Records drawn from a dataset
*** Begin section ***

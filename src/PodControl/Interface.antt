-- ===== src/PodControl/Interface.antt =====
-- `PodControlInterface` and what fills it
-- (upstream/slurm-operator/internal/controller/nodeset/podcontrol/podcontrol.go).
use slinky_on_openshift.Prelude.{Bool}
use slinky_on_openshift.Exec.{M}
use slinky_on_openshift.Kube.{NodeSet, Pod}
use slinky_on_openshift.PodControl.Claims.{
  pod_pvcs_match_retention_policy, update_pod_pvcs_for_retention_policy, is_pod_pvcs_stale,
}
use slinky_on_openshift.PodControl.Operations.{
  PodClient, create_nodeset_pod, update_nodeset_pod, delete_nodeset_pod,
}

pub record PodControlInterface (S : Type 0) : Type 0 where
  pub create_nodeset_pod : NodeSet → Pod → M S (Unit {0})
  pub update_nodeset_pod : NodeSet → Pod → M S (Unit {0})
  pub delete_nodeset_pod : NodeSet → Pod → M S (Unit {0})
  pub pod_pvcs_match_retention_policy : NodeSet → Pod → M S Bool
  pub update_pod_pvcs_for_retention_policy : NodeSet → Pod → M S (Unit {0})
  pub is_pod_pvcs_stale : NodeSet → Pod → M S Bool

-- `NewPodControl`
abbrev pub new_pod_control : {S : Type 0} → PodClient S → PodControlInterface S
new_pod_control client = record {
  create_nodeset_pod = create_nodeset_pod client;
  update_nodeset_pod = update_nodeset_pod client;
  delete_nodeset_pod = delete_nodeset_pod client;
  pod_pvcs_match_retention_policy = pod_pvcs_match_retention_policy client.claims;
  update_pod_pvcs_for_retention_policy =
      update_pod_pvcs_for_retention_policy client.claims client.new_controller_ref;
  is_pod_pvcs_stale = is_pod_pvcs_stale client.claims client.order;
}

*** End section ***

## WORK REQUIRED
Whatever appears in the data above is to be set down exactly.

## RESPONSE TO THE EXERCISE
filename src/PodControl/Interface.antt
-- ===== src/PodControl/Interface.antt =====
-- `PodControlInterface` and what fills it
-- (upstream/slurm-operator/internal/controller/nodeset/podcontrol/podcontrol.go).
use slinky_on_openshift.Prelude.{Bool}
use slinky_on_openshift.Exec.{M}
use slinky_on_openshift.Kube.{NodeSet, Pod}
use slinky_on_openshift.PodControl.Claims.{
  pod_pvcs_match_retention_policy, update_pod_pvcs_for_retention_policy, is_pod_pvcs_stale,
}
use slinky_on_openshift.PodControl.Operations.{
  PodClient, create_nodeset_pod, update_nodeset_pod, delete_nodeset_pod,
}

pub record PodControlInterface (S : Type 0) : Type 0 where
  pub create_nodeset_pod : NodeSet → Pod → M S (Unit {0})
  pub update_nodeset_pod : NodeSet → Pod → M S (Unit {0})
  pub delete_nodeset_pod : NodeSet → Pod → M S (Unit {0})
  pub pod_pvcs_match_retention_policy : NodeSet → Pod → M S Bool
  pub update_pod_pvcs_for_retention_policy : NodeSet → Pod → M S (Unit {0})
  pub is_pod_pvcs_stale : NodeSet → Pod → M S Bool

-- `NewPodControl`
abbrev pub new_pod_control : {S : Type 0} → PodClient S → PodControlInterface S
new_pod_control client = record {
  create_nodeset_pod = create_nodeset_pod client;
  update_nodeset_pod = update_nodeset_pod client;
  delete_nodeset_pod = delete_nodeset_pod client;
  pod_pvcs_match_retention_policy = pod_pvcs_match_retention_policy client.claims;
  update_pod_pvcs_for_retention_policy =
      update_pod_pvcs_for_retention_policy client.claims client.new_controller_ref;
  is_pod_pvcs_stale = is_pod_pvcs_stale client.claims client.order;
}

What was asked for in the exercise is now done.